Materials and methods

Bacterial strains and cultivation

Four species of mesophilic iron/sulfur-oxidizing Acidi-thiobacillus spp. were used in experimental work. These were the type strains of At. ferrooxidans (Temple and Colmer 1951), At. ferridurans (Hedrich and Johnson 2013a) and At. ferriphilus (Falagán and Johnson 2016), and At. ferrivorans strain Peru 6 (Hallberg et al. 2010). All of these bacteria, except At. ferriphilus, can also use hydrogen as an electron donor. The type strains of the moderately thermophilic sulfur-oxidizer Acidithiobacillus caldus (Hallberg and Lindstrom 1994) and the mesophilic sulfur-oxidizer Acidithiobacillus thiooxidans (Waksman and Joffe 1921) were used in some experiments. All of the bacteria were routinely cultivated in media containing 1% (v/w) ZVS (VWR, UK), basal salts and trace elements (Ňancucheo et al. 2016) and 50 µM ferrous iron, adjusted initially to pH 2.5 with sulfuric acid, in shake flasks incubated at either 30 °C (mesophilic strains) or 40 °C (At. caldus). At. ferrooxidans, At. ferridurans and At. ferrivorans were also grown aerobically using hydrogen as electron donor, using the technique described by Hedrich and Johnson (2013b). In brief, this entailed placing inoculated flasks into an air-tight 2.5 L polycarbonate jar, together with a 20 mL universal bottle that contained 1.3 g of sodium bicarbonate, 300 mg sodium borohydride and 100 mg citric acid. Ten milliliters of water were added to the bottles immediately before sealing the jars, initiating the production of both hydrogen and carbon dioxide. The amount of oxygen present in the jars was calculated to be in excess of that required for complete microbial oxidation of hydrogen to water, ensuring that the atmosphere did not become anoxic during the incubation period.

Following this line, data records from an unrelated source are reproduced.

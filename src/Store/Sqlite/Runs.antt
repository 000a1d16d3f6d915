-- ===== src/Store/Sqlite/Runs.antt =====
-- Both stores of src/workspace_guard_mcp/execution_store.py under the same calls, from their start.
use sandboxed_workspace_mcp.Base.{
  ℕ, true, zero, suc, ◌≡◌, refl, subst, Option, none, some, ok, ◌>>=◌, Text, List, [],
}
use sandboxed_workspace_mcp.Dict.{lookup}
use sandboxed_workspace_mcp.Execution.State.{ExecutionState, ExecutionReason}
use sandboxed_workspace_mcp.Execution.Record.{ExecutionRecord, validate_record}
use sandboxed_workspace_mcp.Store.Events.{Outcome}
use sandboxed_workspace_mcp.Store.Memory
use sandboxed_workspace_mcp.Store.Memory.{Store, Manifest, init}
use sandboxed_workspace_mcp.Store.Queries
use sandboxed_workspace_mcp.Store.Sqlite
use sandboxed_workspace_mcp.Store.Sqlite.Rows.{integers_fit, resource_values}
use sandboxed_workspace_mcp.Store.Sqlite.Tables.{
  Database, order_by, by_creation, events_of, artifacts_of,
}
use sandboxed_workspace_mcp.Store.Sqlite.RoundTrip.{Accounted}
use sandboxed_workspace_mcp.Store.Sqlite.Agrees.{Agrees}
use sandboxed_workspace_mcp.Store.Sqlite.Changed.{IsUnused, OutcomeFits}
use sandboxed_workspace_mcp.Store.Sqlite.Simulated.{transition-Agrees}
use sandboxed_workspace_mcp.Store.Sqlite.Cancelled.{request_cancellation-Agrees}
use sandboxed_workspace_mcp.Store.Sqlite.Created.{create-Agrees}
use sandboxed_workspace_mcp.Store.Sqlite.Reads.{
  get-Agrees, list_events-Agrees, list_artifacts-Agrees,
}

-- One call on both stores, with any result. An identifier that the memory has forgotten is not used
-- again, the updated execution is one that the memory holds, artifacts have new identifiers, and exit
-- codes, resources and artifact sizes fit in 64 bits.
pub data BothStep (s : Store) (d : Database) : Store → Database → Type 0 where
  creates :
      (r : ExecutionRecord)
      → validate_record r ≡ ok r
      → Accounted r.resources
      → integers_fit r.exit_code (resource_values r.resources) ≡ true
      → (lookup r.execution_id s.records ≡ none → lookup r.execution_id d.executions ≡ none)
      → BothStep s d (Memory.create r s).1 (Sqlite.create r d).1
  transitions :
      (id : Text) (expected : List ExecutionState) (new_state : ExecutionState) (outcome : Outcome)
      (artifacts : Option Manifest) (time : ℕ) (current : ExecutionRecord)
      → lookup id s.records ≡ some current
      → IsUnused id artifacts d
      → Accounted outcome.resources
      → OutcomeFits outcome
      → BothStep s d
          (Memory.transition id expected new_state outcome artifacts time s).1
          (Sqlite.transition id expected new_state outcome artifacts time d).1
  cancels :
      (id : Text) (expected : List ExecutionState) (reason : ExecutionReason) (time : ℕ)
      (current : ExecutionRecord)
      → lookup id s.records ≡ some current
      → BothStep s d
          (Memory.request_cancellation id expected reason time s).1
          (Sqlite.request_cancellation id expected reason time d).1

pub data BothRun (s : Store) (d : Database) : Store → Database → Type 0 where
  here : BothRun s d s d
  next : {t u : Store} {b c : Database} → BothRun s d t b → BothStep t b u c → BothRun s d u c

BothStep-Agrees :
    {s : Store} {d : Database} {t : Store} {b : Database}
    → Agrees s d
    → BothStep s d t b
    → Agrees t b
BothStep-Agrees {s} {d} agrees (creates r valid accounted fits missing) =
    (create-Agrees r s d agrees valid accounted fits missing).1
BothStep-Agrees {s} {d} agrees
      (transitions id expected new_state outcome artifacts time current e unused accounted fits) =
    (transition-Agrees id expected new_state outcome artifacts time s d agrees current e unused
      accounted fits).1
BothStep-Agrees {s} {d} agrees (cancels id expected reason time current e) =
    (request_cancellation-Agrees id expected reason time s d agrees current e).1

pub BothRun-Agrees :
    {s : Store} {d : Database} {t : Store} {b : Database}
    → Agrees s d
    → BothRun s d t b
    → Agrees t b
BothRun-Agrees agrees here = agrees
BothRun-Agrees agrees (next run step) = BothStep-Agrees (BothRun-Agrees agrees run) step

-- The tables as `_initialize` creates them.
abbrev pub new_database : Database
new_database = record {
  executions = [];
  execution_events = [];
  execution_artifact_manifests = [];
  execution_artifacts = [];
}

none≢some : (r : ExecutionRecord) → ¬ (Path (Option ExecutionRecord) none (some r))
none≢some r h = cc

no_records : (n : ℕ) (s : Store) → init n ≡ ok s → s.records ≡ []
unfolding init
no_records zero s h = cc
no_records (suc n) s h = cc

pub new-Agrees : (n : ℕ) (s : Store) → init n ≡ ok s → Agrees s new_database
unfolding lookup events_of artifacts_of
new-Agrees n s h = (
  (λ j r e.
      absurd (none≢some r (subst (λ records. lookup j records ≡ some r) (no_records n s h) e))),
  λ j absent. (refl, refl, refl),
)

-- After the same calls from new stores, under the conditions on a call (`BothStep`), for each execution
-- that the store in memory still holds, both stores return the same record, the same pages of its
-- events and the same artifacts, those of the database in the order of their creation times.
pub runs_alike :
    (n : ℕ) (s t : Store) (b : Database) (id : Text) (r : ExecutionRecord)
    → init n ≡ ok s
    → BothRun s new_database t b
    → lookup id t.records ≡ some r
    → (Sqlite.get id b ≡ Memory.get id t)
      × ((cursor limit : ℕ)
          → Sqlite.list_events id cursor limit b ≡ Queries.list_events id cursor limit t)
      × (Sqlite.list_artifacts id b ≡ (
          Queries.list_artifacts id t >>= λ (manifest, complete).
          ok (order_by by_creation manifest, complete)))
runs_alike n s t b id r started run e =
    let agrees = BothRun-Agrees (new-Agrees n s started) run in
    (
      get-Agrees id t b agrees r e,
      list_events-Agrees id t b agrees r e,
      list_artifacts-Agrees id t b agrees r e,
    )
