-- ===== src/Tests.antt =====
-- Runs of the modelled operations on concrete inputs.
pub mod Records
pub mod StoreRuns
pub mod SqliteRuns
pub mod CacheRuns
pub mod OutputRuns
pub mod PresentationRuns
pub mod LogRuns
pub mod RegexRuns
pub mod PolicyRuns
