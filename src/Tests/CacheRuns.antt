-- ===== src/Tests/CacheRuns.antt =====
-- The theorems on `ResultCache`, applied to a cache with room for one entry.
use sandboxed_workspace_mcp.Base.{
  ◌≡◌, ◌≢◌, refl, true, Option, some, ok, err, Text, text, [], arith, if◌then◌else◌, utf8_size,
  Text-discrete, Option-Text-discrete, utf8_width,
}
use sandboxed_workspace_mcp.Dict.{Dict, lookup, insert, erase}
use sandboxed_workspace_mcp.ResultCache.{
  init, ResultCache, CacheEntry, out_of_fuel, cache_miss, put_text, get, entry_of, reference_of,
  accounted, valid_result_id, is_token_character, all_token_characters, remove, expired_ids,
  remove_each, evict_expired, evict_lru, is_full, make_room, unique_result_id, store_entry, publish,
}
use sandboxed_workspace_mcp.ResultCache.Removal.{live}
use sandboxed_workspace_mcp.ResultCache.Room.{IsNewest}
use sandboxed_workspace_mcp.ResultCache.Methods.{IsValid}
use sandboxed_workspace_mcp.ResultCache.Promises.{
  put_text-IsValid, put_text_ends, put_text-IsStored, IsStored,
}
use sandboxed_workspace_mcp.ResultCache.Reads.{readable, result_of, get-readable}
use sandboxed_workspace_mcp.ResultCache.Runs.{here, next, puts, gets, reached-IsValid}
use sandboxed_workspace_mcp.ResultCache.RoundTrip.{get-put_text}

abbrev pub empty_cache : ResultCache
empty_cache = record {
  max_entries = 1;
  max_total_bytes = 100;
  max_item_bytes = 50;
  ttl_seconds = 60;
  entries = [];
  total_bytes = 0;
}

abbrev pub first_token : Text
first_token = text "AAAAAAAAAAAAAAAAAAAAAAAAAAAAAAAA"

abbrev second_token : Text
second_token = text "BBBBBBBBBBBBBBBBBBBBBBBBBBBBBBBB"

abbrev pub hello : Text
hello = text "hello"

abbrev pub world : Text
world = text "world"

abbrev pub alice : Option Text
alice = some (text "alice")

pub empty_cache-IsValid : IsValid empty_cache
unfolding accounted
empty_cache-IsValid = record {
  sound = record { unique = tt; exact = refl };
  few = omega arith;
  small = omega arith;
  entries = tt;
  room = omega arith;
}

abbrev one_entry : ResultCache
one_entry = (put_text hello alice 5 (λ n. first_token) empty_cache).1

one_entry-IsValid : IsValid one_entry
one_entry-IsValid =
    put_text-IsValid hello alice 5 (λ n. first_token) empty_cache empty_cache-IsValid

second_put :
    (put_text world alice 7 (λ n. second_token) one_entry).0
    ≡ ok (some (reference_of second_token 5))
unfolding is_token_character all_token_characters valid_result_id remove expired_ids remove_each
    evict_expired evict_lru is_full make_room unique_result_id store_entry publish put_text
    accounted lookup insert erase Text-discrete Option-Text-discrete utf8_size utf8_width
second_put = refl

first_shape : valid_result_id first_token ≡ true
unfolding is_token_character all_token_characters valid_result_id remove expired_ids remove_each
    evict_expired evict_lru is_full make_room unique_result_id store_entry publish put_text
    accounted lookup insert erase Text-discrete Option-Text-discrete utf8_size utf8_width
first_shape = refl

first_held : lookup first_token one_entry.entries ≡ some (entry_of hello alice 5 empty_cache)
unfolding is_token_character all_token_characters valid_result_id remove expired_ids remove_each
    evict_expired evict_lru is_full make_room unique_result_id store_entry publish put_text
    accounted lookup insert erase Text-discrete Option-Text-discrete utf8_size utf8_width
first_held = refl

put_text-IsValid_example : IsValid (put_text world alice 7 (λ n. second_token) one_entry).1
put_text-IsValid_example =
    put_text-IsValid world alice 7 (λ n. second_token) one_entry one_entry-IsValid

put_text_ends_example : (put_text world alice 7 (λ n. second_token) one_entry).0 ≢ err out_of_fuel
put_text_ends_example = put_text_ends world alice 7 (λ n. second_token) one_entry one_entry-IsValid

put_text-IsStored_example :
    (kept : Dict CacheEntry) × IsNewest (utf8_size world) one_entry (live 7 one_entry.entries) kept
    × IsStored world
        (entry_of world alice 7 one_entry)
        kept
        (reference_of second_token 5)
        (put_text world alice 7 (λ n. second_token) one_entry).1
put_text-IsStored_example =
    put_text-IsStored world alice 7 (λ n. second_token) one_entry one_entry-IsValid
      (reference_of second_token 5) second_put

get-readable_example : (get first_token alice 9 one_entry).0 ≡ (
    if readable (entry_of hello alice 5 empty_cache) alice 9
    then ok (result_of (entry_of hello alice 5 empty_cache))
    else err cache_miss)
get-readable_example =
    get-readable first_token alice 9 one_entry one_entry-IsValid
      (entry_of hello alice 5 empty_cache) first_shape first_held

get-put_text_example :
    (get second_token alice 20 (put_text world alice 7 (λ n. second_token) one_entry).1).0 ≡ (
      if readable (entry_of world alice 7 one_entry) alice 20
      then ok (result_of (entry_of world alice 7 one_entry))
      else err cache_miss)
get-put_text_example =
    get-put_text world alice 7 (λ n. second_token) one_entry one_entry-IsValid
      (reference_of second_token 5) alice 20 second_put

empty_built : init 1 100 50 60 ≡ ok empty_cache
unfolding init
empty_built = refl

reached-IsValid_example : IsValid (get first_token alice 9 one_entry).1
reached-IsValid_example =
    reached-IsValid 1 100 50 60 empty_cache (get first_token alice 9 one_entry).1 empty_built
      (next (next here (puts hello alice 5 (λ n. first_token))) (gets first_token alice 9))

Dissolution of MnO₂ in aerobic cultures of Acidithiobacillus spp. grown on ZVS or hydrogen

Duplicate cultures of At. ferrooxidans, At. ferridurans, At. thiooxidans and At. caldus, containing 1% ZVS and 0.5% (w/v) solid manganese dioxide (MnO₂, >99.99% pure; Sigma-Aldrich, USA) were incubated, shaken at 100 rpm, at either 30 °C or 40 °C, for up to 24 days. Samples were removed regularly to measure pH and redox potentials (as E_H values) and concentrations of soluble manganese. Cultures of At. ferrooxidans and At. ferridurans in basal salts/trace elements medium (pH adjusted to 1.6) containing 0.1% MnO₂ were prepared and incubated aerobically under H₂/CO₂-enriched atmospheres (as above), together with non-inoculated controls. Again, samples were withdrawn periodically to measure pH and E_H values, concentrations of manganese, and also changes in culture optical densities (measured at 600 nm; the dense MnO₂ particles settled immediately once flasks had stopped shaking).

Dissolution of MnO₂ by At. ferrooxidans and At. ferridurans grown on hydrogen under anaerobic conditions, in the presence and absence of additional iron

At. ferrooxidans and At. ferridurans were grown on hydrogen as sole electron donor in sealed jars under H₂/CO₂-enhanced atmospheres, either with or without MnO₂ (0.25%, w/v). These were then used to inoculate cultures that were incubated under the same conditions, except that the oxygen present was removed by placing a sachet of activated carbon (AnaeroGen sachets; Oxoid, UK) in each jar. A second anaerobic experiment used a similar set up, though in this case the bacteria were first grown to high cell densities (∼10⁹ cells/mL) and iron (III) sulfate (5 mM, final concentration) was added to some of the cultures. Non-inoculated controls were prepared at the same time, and iron (II), rather than iron (III) sulfate, added to some of these. The sealed jars containing the cultures and controls were incubated at 30 °C, and samples analyzed periodically for pH and concentrations of iron (II) and soluble manganese.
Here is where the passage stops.